Glutamate is a substrate of GPT in the transamination of pyruvate to alanine. Compared with controls, BPTES treatment reduced the pyruvate-to-alanine conversion in animals. In replicated experiments, BPTES significantly reduce the alanine-to-pyruvate (Ala/Pyr) flux ratio [4].


参考文献:
[1].  Shukla K, Ferraris DV, Thomas AG, et al. Design, synthesis, and pharmacological evaluation of bis-2-(5-phenylacetamido-1, 2, 4-thiadiazol-2-yl) ethyl sulfide 3 (BPTES) analogs as glutaminase inhibitors.
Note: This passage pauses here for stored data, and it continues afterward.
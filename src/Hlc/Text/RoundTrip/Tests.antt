-- ===== src/Hlc/Text/RoundTrip/Tests.antt =====
-- Runs and instances of the text of times.
use cdc_sink.Base.{ℕ, ◌≡◌, refl, none, some, List, [], ◌∷◌, arith}
use cdc_sink.Hlc.Sample.{at, at-IsTime}
use cdc_sink.Hlc.Decimal.{
  digits, decimal, format_int, format_padded, zeros, split, parse_int, parse_uint_any, atoi,
}
use cdc_sink.Hlc.Text.{to_text, parse, scan, text, bytes}
use cdc_sink.Hlc.Text.RoundTrip.{parse-to_text}

-- "12.0000000034"
abbrev sample : List ℕ
sample =
    b'1' ∷ b'2' ∷ b'.' ∷ b'0' ∷ b'0' ∷ b'0' ∷ b'0' ∷ b'0' ∷ b'0' ∷ b'0' ∷ b'0' ∷ b'3' ∷ b'4' ∷ []

to_text_run : to_text (at 12 34) ≡ sample
unfolding to_text format_int format_padded decimal digits zeros
to_text_run = refl

-- "0x1f.0" and "3_0.0" are read, "12.34" is not.
parse_runs :
    (parse sample ≡ some (at 12 34))
    × (parse (b'0' ∷ b'x' ∷ b'1' ∷ b'f' ∷ b'.' ∷ b'0' ∷ []) ≡ some (at 31 0))
    × (parse (b'3' ∷ b'_' ∷ b'0' ∷ b'.' ∷ b'0' ∷ []) ≡ some (at 30 0))
    × (parse (b'1' ∷ b'2' ∷ b'.' ∷ b'3' ∷ b'4' ∷ []) ≡ none)
unfolding parse split parse_int parse_uint_any atoi
parse_runs = (refl, refl, refl, refl)

scan_run : scan (text (b'0' ∷ [])) ≡ some (at 0 0)
unfolding scan
scan_run = refl

parse-to_text_example :
    (parse (to_text (at 12 34)) ≡ some (at 12 34))
    × (scan (text (to_text (at 12 34))) ≡ some (at 12 34))
    × (scan (bytes (to_text (at 12 34))) ≡ some (at 12 34))
parse-to_text_example =
    parse-to_text (at 12 34) (at-IsTime 12 34 (omega arith) (omega arith)) (omega arith)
Journal of medicinal chemistry, 2012, 55(23): 10551-10563.
[2].  Robinson MM, Mcbryant SJ, Tsukamoto T, et al. Novel mechanism of inhibition of rat kidney-type glutaminase by bis-2-(5-phenylacetamido-1, 2, 4-thiadiazol-2-yl) ethyl sulfide (BPTES). Biochemical Journal, 2007, 406(3): 407-414.
[3].  Emadi A, Jun SA, Tsukamoto T, et al. Inhibition of glutaminase selectively suppresses the growth of primary acute myeloid leukemia cells with IDH mutations. Experimental hematology, 2014, 42(4): 247-251.
[4].  Dutta P, Le A, Vander Jagt DL, et al. Evaluation of LDH-A and glutaminase inhibition in vivo by hyperpolarized 13C-pyruvate magnetic resonance spectroscopy of tumors. Cancer research, 2013, 73(14): 4190-4195.